| DIRECTIONS |
The stretch from the line with "total xs = sum_by (λ x. x) xs" through the line with "unfoldable pub add_to_day" in the records below: write it out exactly, and nothing else.

[Stored items]
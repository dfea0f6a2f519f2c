-- ===== src/Insights/Days.antt =====
-- The points by day of `computeAll` in web/app/insights/page.tsx.
-- The local calendar is a parameter: `day_key` is `dayKey` (the date of a time), `start_of_day` is
-- `startOfDay` (the midnight before it). A mean is its sum and its count, before it is rounded.
pub mod Fuel
use clawhum.Prelude.{
  ℕ, zero, suc, ◌+◌, ◌-◌, ◌/◌, Bool, true, false, Option, none, some, List, [], ◌∷◌, ◌++◌,
  if◌then◌else◌, ltb, leb, find, drop, length,
}
use clawhum.Prelude.Text.{Text, text_eq}
use clawhum.Prelude.Sort.{sort_by, sum_by}
use clawhum.Model.{MatchResult, StoredMatch}

-- An entry of `dayMap`.
pub record Day : Type 0 where
  pub day : Text
  pub ts : ℕ
  pub queries : ℕ
  pub hits : ℕ
  pub latencies : List ℕ
  pub top_scores : List ℕ

-- A point; each mean is a sum and a count.
pub record DailyPoint : Type 0 where
  pub day : Text
  pub ts : ℕ
  pub queries : ℕ
  pub hits : ℕ
  pub mean_latency : ℕ × ℕ
  pub mean_top_score : ℕ × ℕ

abbrev pub one_day : ℕ
one_day = 86400000

abbrev pub total : List ℕ → ℕ
total xs = sum_by (λ x. x) xs

abbrev pub mean : List ℕ → ℕ × ℕ
mean xs = (total xs, length xs)

-- What a match adds to its day.
unfoldable pub count_in_day : StoredMatch → Day → Day
count_in_day m d = elim m.results [
  | [] ↦ record d { queries = suc d.queries; latencies = d.latencies ++ m.elapsed_ms ∷ [] }
  | best ∷ _ ↦ record d {
    queries = suc d.queries;
    hits = if leb 300000 best.score then suc d.hits else d.hits;
    latencies = d.latencies ++ m.elapsed_ms ∷ [];
    top_scores = d.top_scores ++ best.score ∷ [];
  }
]

abbrev pub earlier : Day → Day → Bool
earlier a b = leb a.ts b.ts

unfoldable pub last_ts : ℕ → List Day → ℕ
last_ts t [] = t
last_ts t (d ∷ ds) = last_ts d.ts ds

module _ (day_key : ℕ → Text) (start_of_day : ℕ → ℕ) where
  abbrev pub new_day : ℕ → Day
  new_day ts = record {
    day = day_key ts;
    ts = start_of_day ts;
    queries = 0;
    hits = 0;
    latencies = [];
    top_scores = [];
  }

  unfoldable pub add_to_day : List Day → StoredMatch → List Day
  add_to_day [] m = count_in_day m (new_day m.ts) ∷ []
  add_to_day (d ∷ ds) m =
      let rest = add_to_day ds m in
      if text_eq d.day (day_key m.ts) then count_in_day m d ∷ ds else d ∷ rest

  unfoldable pub add_days : List Day → List StoredMatch → List Day
  add_days ds [] = ds
  add_days ds (m ∷ ms) = add_days (add_to_day ds m) ms

  -- The point of the day in which `t` lies.
  unfoldable pub point_at : List Day → ℕ → DailyPoint
  point_at days t = elim (find (λ d. text_eq d.day (day_key t)) days) [
    | some d ↦ record {
      day = drop 5 (day_key t);
      ts = d.ts;
      queries = d.queries;
      hits = d.hits;
      mean_latency = mean d.latencies;
      mean_top_score = mean d.top_scores;
    }
    | none ↦ record {
      day = drop 5 (day_key t);
      ts = t;
      queries = 0;
      hits = 0;
      mean_latency = (0, 0);
      mean_top_score = (0, 0);
    }
  ]

  -- `for (let t = first; t <= last; t += oneDay)` with fuel.
  unfoldable pub points_from : ℕ → List Day → ℕ → ℕ → List DailyPoint
  points_from zero days t last = []
  points_from (suc fuel) days t last =
      let rest = points_from fuel days (t + one_day) last in
      if leb t last then point_at days t ∷ rest else []

  unfoldable pub points_of : List Day → List Day → List DailyPoint
  points_of days [] = []
  points_of days (d ∷ ds) =
      let last = last_ts d.ts ds in points_from (suc (suc (last / one_day))) days d.ts last

  unfoldable pub day_points : List StoredMatch → List DailyPoint
  day_points ms = let days = add_days [] ms in points_of days (sort_by earlier days)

| SOLUTION FOR THIS TASK |
total xs = sum_by (λ x. x) xs

abbrev pub mean : List ℕ → ℕ × ℕ
mean xs = (total xs, length xs)

-- What a match adds to its day.
unfoldable pub count_in_day : StoredMatch → Day → Day
count_in_day m d = elim m.results [
  | [] ↦ record d { queries = suc d.queries; latencies = d.latencies ++ m.elapsed_ms ∷ [] }
  | best ∷ _ ↦ record d {
    queries = suc d.queries;
    hits = if leb 300000 best.score then suc d.hits else d.hits;
    latencies = d.latencies ++ m.elapsed_ms ∷ [];
    top_scores = d.top_scores ++ best.score ∷ [];
  }
]

abbrev pub earlier : Day → Day → Bool
earlier a b = leb a.ts b.ts

unfoldable pub last_ts : ℕ → List Day → ℕ
last_ts t [] = t
last_ts t (d ∷ ds) = last_ts d.ts ds

module _ (day_key : ℕ → Text) (start_of_day : ℕ → ℕ) where
  abbrev pub new_day : ℕ → Day
  new_day ts = record {
    day = day_key ts;
    ts = start_of_day ts;
    queries = 0;
    hits = 0;
    latencies = [];
    top_scores = [];
  }

  unfoldable pub add_to_day : List Day → StoredMatch → List Day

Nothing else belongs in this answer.